Walker Wins Again
. . . and has some advice for Mitt Romney.
Jun 18, 2012, Vol. 17, No. 38 • By STEPHEN F. HAYES & JOHN MCCORMACK
Moreover, the central issues at stake in the recall—spending, taxes, public education, unemployment, and the “rights” of government unions—had been widely debated in the press and among voters. The final Marquette poll found a highly informed electorate: Eighty-four percent said they regularly discuss politics with family and friends, and more than 8 out of 10 had watched the local news in the past week.
If Walker’s budget had harmed public schools, as union activists and Democrats warned last spring, voters would have known, and there’s little doubt that Walker would have lost. But the opposite happened. Before the 2011 school year began, story after story popped up in the Wisconsin press about how schools used Walker’s reforms to balance their budgets without laying off teachers or making painful program cuts.
“Everything we changed didn’t touch the children,” the finance director of the Brown Deer school district in the Milwaukee suburbs told The Weekly Standard last July. Under a collective bargaining agreement, she said, “We could never have negotiated that—never ever.” A few days before the election, the president of Brown Deer’s teachers’ union told the Milwaukee Journal Sentinel: “Overall morale is not bad because of [Walker’s collective bargaining law]. We didn’t lose any jobs and class sizes are the same.”
In Neenah, the school district saved $1.8 million by adopting a new health insurance plan—savings that allowed the school board to avoid layoffs and to raise the base teacher pay by 18 percent.
After a full schoolyear with Walker’s reforms in effect, his opponents couldn’t explain why they were bad. Six days out from the election, Tom Barrett couldn’t name a single school hurt by Walker’s reforms. After two attempts to dodge the question, he finally gave up. “We can do an analysis and get back to you on that,” Barrett told The Weekly Standard. The mayor also refused to say how he would have balanced the budget and couldn’t name a single initiative he’d pursue to spur job creation as governor.
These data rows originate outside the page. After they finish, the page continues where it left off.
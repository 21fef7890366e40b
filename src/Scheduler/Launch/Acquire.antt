-- ===== src/Scheduler/Launch/Acquire.antt =====
-- The machine lock over the loop of `acquire_machine` of lib/cuckoo/core/scheduler.py.
use capev.Base.{
  ℕ, zero, suc, ◌≡◌, refl, inl, inr, true, Option, none, some, List, [], ◌∷◌, subst, ◌==◌,
  Bool-cases,
}
use capev.Database.Machines.{Machine}
use capev.Scheduler.Exec.{is_operational, Result, ok, raised, blocked, continue}
use capev.Scheduler.World.{Task, World, Round, release_at}
use capev.Machinery.{availables}
use capev.Database.Sql.{Outcome, operational_error as no_match, returned as got}
use capev.Scheduler.Launch.{settle_round, acquire_machine}

-- The lock after a step, for each way in which the step can end; an exception is one that
-- `except CuckooOperationalError` catches.
abbrev pub Depths {ℓ} : {A : Type ℓ} → ℕ → ℕ → ℕ → Result A × World → Type 0
Depths ok_depth exc_depth wait_depth (ok _, w) = w.lock_depth ≡ ok_depth
Depths ok_depth exc_depth wait_depth (raised x, w) =
    (w.lock_depth ≡ exc_depth) × (is_operational x ≡ true)
Depths ok_depth exc_depth wait_depth (blocked, w) = w.lock_depth ≡ wait_depth

settle_round-Depths :
    (again : World → Result Machine × World) (o : Outcome (Option Machine) × List Machine) (d : ℕ)
    (w : World)
    → w.lock_depth ≡ suc d
    → ((v : World) → v.lock_depth ≡ d → Depths (suc d) (suc d) d (again v))
    → Depths (suc d) (suc d) d (settle_round again o w)
unfolding settle_round
settle_round-Depths again (no_match, ms) d w h k = (h, refl)
settle_round-Depths again (got (some m), ms) d w h k = h
settle_round-Depths again (got none, ms) d w h k =
    rw h (k (record w { machines = ms; lock_depth = d }) refl)

-- A machine, or an exception, comes with the lock held once more; a wait goes on without the lock.
pub acquire_machine-Depths :
    (task : Task) (rs : List Round) (w : World)
    → Depths (suc w.lock_depth) (suc w.lock_depth) w.lock_depth (acquire_machine task rs w)
unfolding acquire_machine
acquire_machine-Depths task [] w = refl
acquire_machine-Depths task (r ∷ rs) w = elim (Bool-cases (availables r.count r.table == 0)) [
  | inl e ↦ rw e (acquire_machine-Depths task rs (record w { machines = r.table }))
  | inr e ↦ rw e (
      settle_round-Depths (acquire_machine task rs) _ w.lock_depth _ refl (λ v q.
        subst (λ d. Depths (suc d) (suc d) d (acquire_machine task rs v)) q
          (acquire_machine-Depths task rs v)))
]

-- What the loop hands over leaves the flag as it was.
settle_round-unlocked :
    (again : World → Result Machine × World) (o : Outcome (Option Machine) × List Machine)
    (w : World)
    → ((v : World) → (again v).1.unlocked ≡ v.unlocked)
    → (settle_round again o w).1.unlocked ≡ w.unlocked
unfolding settle_round
settle_round-unlocked again (no_match, ms) w k = refl
settle_round-unlocked again (got (some m), ms) w k = refl
settle_round-unlocked again (got none, ms) w k = go w.lock_depth
  where
    go :
        (d : ℕ)
        → (continue (release_at d (record w { machines = ms })) (λ _. again)).1.unlocked
          ≡ w.unlocked
    go zero = refl
    go (suc d) = k (record w { machines = ms; lock_depth = d })

pub acquire_machine-unlocked :
    (task : Task) (rs : List Round) (w : World)
    → (acquire_machine task rs w).1.unlocked ≡ w.unlocked
unfolding acquire_machine
acquire_machine-unlocked task [] w = refl
acquire_machine-unlocked task (r ∷ rs) w = elim (Bool-cases (availables r.count r.table == 0)) [
  | inl e ↦ rw e (acquire_machine-unlocked task rs (record w { machines = r.table }))
  | inr e ↦
      rw e (settle_round-unlocked (acquire_machine task rs) _ _ (acquire_machine-unlocked task rs))
]
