-- ===== src/Scheduler/Launch/Balance.antt =====
-- The machine lock over one `launch_analysis` of lib/cuckoo/core/scheduler.py.
use capev.Base.{
  ℕ, suc, ◌≡◌, refl, ◌⊎◌, inr, Bool, true, false, ◌||◌, Option, none, some, ap, arith, ◌≢◌, ◌∙◌,
}
use capev.Database.Machines.{Machine}
use capev.Database.Guests.{guest_start}
use capev.Scheduler.Exec.{
  Exc, Result, ok, raised, blocked, handle, run_cleanup, continue, is_machine_error,
  is_network_error, is_guest_error,
}
use capev.Scheduler.World.{Task, World, Env}
use capev.Scheduler.Launch.Acquire.{Depths, acquire_machine-Depths, acquire_machine-unlocked}
use capev.Scheduler.Launch.{
  acquire_machine, register, start_up, analyse, guarded, handler, is_handled, leave, wind_down,
  cleanup, analysis, with_machine, launch_analysis, category_checks, init_storage, proceed, reset,
  found_machine, go_on,
}

-- The exceptions for which `launch_analysis` has a clause.
abbrev pub contained : Option Exc → Bool
contained none = true
contained (some x) = is_machine_error x || is_network_error x || is_guest_error x

-- The start-up calls raise nothing but what the `except` clauses name.
pub record IsContained (e : Env) : Type 0 where
  pub task_there : e.task_exists ≡ true
  pub start : contained e.start ≡ true
  pub route : contained e.route ≡ true

-- The lock and the flag after the start-up.
abbrev StartedUp : ℕ → Result (Unit {0}) × World → Type 0
StartedUp d (ok _, w) = (w.lock_depth ≡ d) × (w.unlocked ≡ true)
StartedUp d (raised x, w) =
    (w.lock_depth ≡ suc d) × (w.unlocked ≡ false) × (contained (some x) ≡ true)
StartedUp d (blocked, w) = ⊥

-- The lock after the `try` body: given back, or still held under an exception that is handled.
abbrev Guarded : ℕ → Result (Unit {0}) × World → Type 0
Guarded d (ok _, w) = w.lock_depth ≡ d
Guarded d (raised x, w) =
    ((w.lock_depth ≡ d) × (w.unlocked ≡ true))
    ⊎ ((w.lock_depth ≡ suc d) × (w.unlocked ≡ false) × (contained (some x) ≡ true))
Guarded d (blocked, w) = ⊥

start_up-StartedUp :
    (e : Env) (task : Task) (m : Machine) (d : ℕ) (w : World)
    → IsContained e
    → w.lock_depth ≡ suc d
    → w.unlocked ≡ false
    → StartedUp d (start_up e task m w)
unfolding start_up guest_start
start_up-StartedUp e task m d w c h u = ground arith

register-keeps :
    (e : Env) (task : Task) (m : Machine) (w : World)
    → ((register e task m w).0 ≡ ok tt)
      × ((register e task m w).1.lock_depth ≡ w.lock_depth)
      × ((register e task m w).1.unlocked ≡ w.unlocked)
unfolding register
register-keeps e task m w = ground arith

analyse-keeps :
    (e : Env) (task : Task) (w : World)
    → ((analyse e task w).1.lock_depth ≡ w.lock_depth)
      × ((analyse e task w).1.unlocked ≡ w.unlocked)
unfolding analyse
analyse-keeps e task w = ground arith

leave-keeps : (e : Env) (m : Machine) (w : World) → (leave e m w).1.lock_depth ≡ w.lock_depth
unfolding leave
leave-keeps e m w = ground arith

wind_down-keeps :
    (e : Env) (task : Task) (m : Machine) (w : World)
    → (wind_down e task m w).1.lock_depth ≡ w.lock_depth
unfolding wind_down
wind_down-keeps e task m w = ground arith

bind-keeps :
    {A B : Type 0} (r : Result A × World) (f : A → World → Result B × World) (d : ℕ)
    → r.1.lock_depth ≡ d
    → ((a : A) (v : World) → (f a v).1.lock_depth ≡ v.lock_depth)
    → (continue r f).1.lock_depth ≡ d
bind-keeps (ok a, v) f d h k = k a v ∙ h
bind-keeps (raised x, v) f d h k = h
bind-keeps (blocked, v) f d h k = h

cleanup-keeps :
    (e : Env) (task : Task) (m : Machine) (w : World)
    → (cleanup e task m w).1.lock_depth ≡ w.lock_depth
unfolding cleanup
cleanup-keeps e task m w =
    bind-keeps (wind_down e task m w) (λ _. leave e m) w.lock_depth (wind_down-keeps e task m w)
      (λ _ v. leave-keeps e m v)

analyse-Guarded :
    (e : Env) (task : Task) (d : ℕ) (w : World)
    → w.lock_depth ≡ d
    → w.unlocked ≡ true
    → Guarded d (analyse e task w)
unfolding analyse
analyse-Guarded e task d w h u = ground arith

guarded-Guarded :
    (e : Env) (task : Task) (m : Machine) (d : ℕ) (w : World)
    → StartedUp d (start_up e task m w)
    → Guarded d (guarded e task m w)
unfolding guarded
guarded-Guarded e task m d w h = go (start_up e task m w) h
  where
    go :
        (r : Result (Unit {0}) × World)
        → StartedUp d r
        → Guarded d (continue r (λ _. analyse e task))
    go (ok tt, v) h = analyse-Guarded e task d v h.0 h.1
    go (raised x, v) h = inr h
    go (blocked, v) h = absurd h

-- Once the handlers have run, the lock has been given back.
handled-lock :
    (r : Result (Unit {0}) × World) (d : ℕ)
    → Guarded d r
    → ((handle is_handled handler r).1.lock_depth ≡ d) × ((handle is_handled handler r).0 ≢ blocked)
unfolding handler is_handled
handled-lock (ok a, w) d h = (h, λ e. cc)
handled-lock (raised x, w) d h = (ground arith, ground arith)
handled-lock (blocked, w) d h = absurd h

cleanup-settle :
    (e : Env) (task : Task) (m : Machine) (d : ℕ) (r : Result (Unit {0}) × World)
    → r.1.lock_depth ≡ d
    → (run_cleanup (cleanup e task m) r).1.lock_depth ≡ d
cleanup-settle e task m d (ok a, w) h = ground (arith, cleanup-keeps e task m w)
cleanup-settle e task m d (raised x, w) h = ground (arith, cleanup-keeps e task m w)
cleanup-settle e task m d (blocked, w) h = h

analysis-lock :
    (e : Env) (task : Task) (m : Machine) (d : ℕ) (w : World)
    → w.lock_depth ≡ suc d
    → w.unlocked ≡ false
    → IsContained e
    → (analysis e task m w).1.lock_depth ≡ d
unfolding analysis
analysis-lock e task m d w h u c =
    cleanup-settle e task m d _
      (handled-lock (guarded e task m w) d
        (guarded-Guarded e task m d w (start_up-StartedUp e task m d w c h u))).0

with_machine-lock :
    (e : Env) (task : Task) (m : Machine) (d : ℕ) (w : World)
    → w.lock_depth ≡ suc d
    → w.unlocked ≡ false
    → IsContained e
    → e.build_options ≡ none
    → (with_machine e task m w).1.lock_depth ≡ d
unfolding with_machine
with_machine-lock e task m d w h u c b =
    let (done, depth, flag) = register-keeps e task m w in
    let a = analysis-lock e task m d (register e task m w).1 (depth ∙ h) (flag ∙ u) c in
    rw b (ground (arith, done, a))

proceed-lock :
    (e : Env) (task : Task) (early : Option Bool) (w : World)
    → w.unlocked ≡ false
    → IsContained e
    → e.build_options ≡ none
    → (proceed e task early w).1.lock_depth ≡ w.lock_depth
proceed-lock e task (some b) w u c o = refl
proceed-lock e task none w u c o =
    go (acquire_machine task e.rounds w) (acquire_machine-Depths task e.rounds w)
      (acquire_machine-unlocked task e.rounds w)
  where
    go :
        (r : Result Machine × World)
        → Depths (suc w.lock_depth) (suc w.lock_depth) w.lock_depth r
        → r.1.unlocked ≡ w.unlocked
        → (continue (found_machine r) (go_on e task)).1.lock_depth ≡ w.lock_depth
    go (ok m, v) h f = with_machine-lock e task m w.lock_depth v h (f ∙ u) c o
    go (raised x, v) h f = rw h.1 (rw h.0)
    go (blocked, v) h f = h

category_checks-keeps : (e : Env) (task : Task) (w : World) → (category_checks e task w).1 ≡ w
unfolding category_checks
category_checks-keeps e task w = ground arith

checked-lock :
    (e : Env) (task : Task) (w : World)
    → w.unlocked ≡ false
    → IsContained e
    → e.build_options ≡ none
    → (continue (category_checks e task w) (proceed e task)).1.lock_depth ≡ w.lock_depth
checked-lock e task w u c o = go (category_checks e task w) (category_checks-keeps e task w)
  where
    go :
        (r : Result (Option Bool) × World)
        → r.1 ≡ w
        → (continue r (proceed e task)).1.lock_depth ≡ w.lock_depth
    go (ok early, v) h =
        proceed-lock e task early v (ap (λ x. x.unlocked) h ∙ u) c o ∙ ap (λ x. x.lock_depth) h
    go (raised x, v) h = ap (λ x. x.lock_depth) h
    go (blocked, v) h = ap (λ x. x.lock_depth) h

-- If the start-up raises at most the exceptions that launch_analysis names and the options can be
-- built, the thread leaves machine_lock as it found it on every path.
pub launch_analysis-lock :
    (e : Env) (task : Task) (w : World)
    → IsContained e
    → e.build_options ≡ none
    → (launch_analysis e task w).1.lock_depth ≡ w.lock_depth
unfolding launch_analysis init_storage
launch_analysis-lock e task w c o = ground (
  arith,
  checked-lock e task (reset w) refl c o,
  checked-lock e task (record (reset w) { storage = true }) refl c o,
)

start_up-raises :
    (e : Env) (task : Task) (m : Machine) (d : ℕ) (w : World) (x : Exc)
    → w.lock_depth ≡ suc d
    → e.task_exists ≡ true
    → (e.start ≡ some x) ⊎ ((e.start ≡ none) × (e.route ≡ some x))
    → ((start_up e task m w).0 ≡ raised x) × ((start_up e task m w).1.lock_depth ≡ suc d)
unfolding start_up guest_start
start_up-raises e task m d w x h t raises = ground arith

unhandled :
    (e : Env) (task : Task) (x : Exc) (r : Result (Unit {0}) × World) (d : ℕ)
    → contained (some x) ≡ false
    → r.0 ≡ raised x
    → r.1.lock_depth ≡ d
    → (handle is_handled handler (continue r (λ _. analyse e task))).1.lock_depth ≡ d
unfolding is_handled
unhandled e task x (ok a, v) d c q h = cc
unhandled e task x (raised y, v) d c q h = ground arith
unhandled e task x (blocked, v) d c q h = cc

-- If the machine's start or the routing raises an exception that launch_analysis does not name,
-- the lock is still held at the end of the analysis.
start_up_error_keeps_lock :
    (e : Env) (task : Task) (m : Machine) (d : ℕ) (w : World) (x : Exc)
    → w.lock_depth ≡ suc d
    → w.unlocked ≡ false
    → e.task_exists ≡ true
    → contained (some x) ≡ false
    → (e.start ≡ some x) ⊎ ((e.start ≡ none) × (e.route ≡ some x))
    → (analysis e task m w).1.lock_depth ≡ suc d
unfolding analysis guarded
start_up_error_keeps_lock e task m d w x h u t c raises =
    let (r, k) = start_up-raises e task m d w x h t raises in
    cleanup-settle e task m (suc d) _ (unhandled e task x (start_up e task m w) (suc d) c r k)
Walker’s reforms achieved enough savings that when property tax bills went out around Christmas, many taxpayers saw their taxes significantly drop for the first time in over a decade. Though Walker’s opponents claimed his policies were an assault on democracy, in a very real sense they expanded democracy—something many in the national media failed to understand. With the restrictions to collective bargaining, unions had lost the power to veto changes to their benefits. That power now resided with elected school boards. Before Walker, the state’s property tax cap essentially allowed automatic tax increases. Under Walker, tax increases became subject to local referenda.
Ultimately, Walker won for a simple reason: He proposed policies, implemented them, and they worked.
Walker agrees with those who believe the results last week make Wisconsin a potential Republican pickup in November. But in order to win the state, Mitt Romney will have to campaign in a way that’s consistent with what Wisconsin voters approved with their retention of Walker. He wants Romney to run as a reformer, to campaign on bold policy proposals, and to resist the temptation to run safe. “It’s not enough to just be the other guy,” says Walker. “He has to offer a plan, he has to show a willingness to take on the big challenges facing the country. I think he can win here if he does that.”
Walker says he hopes Romney will propose deeper tax cuts than he has laid out thus far. “I’d like to see him slash marginal tax rates so that we could see the kind of growth that we saw under Ronald Reagan after the recession in 1981 and 1982,” Walker says.
Walker rejects the advice Romney is getting from many Republican strategists to make the election a simple referendum on Obama and the economy. “The consultants will tell you that—hands down. But I think he’s got to run on a bold plan and on big ideas.” Romney needs to win “on a mandate, if you will, to govern. Romney has that background. He’s capable of doing big, bold things. . . . He can’t say I’m a Republican like Scott Walker and hope to win. He has to say that I’m a reformer like Scott Walker. The ‘R’ after his name has to stand for ‘reformer,’ not just ‘Republican.’ ”
Romney might want to listen. There is no doubt Walker is in a much stronger position having survived the recall than he would have been without it. Even before the election he was a huge draw for Republican and conservative groups. When he headlined a Heritage Foundation dinner in Des Moines last October, the organization raised more money than it had at any event outside of Washington, D.C.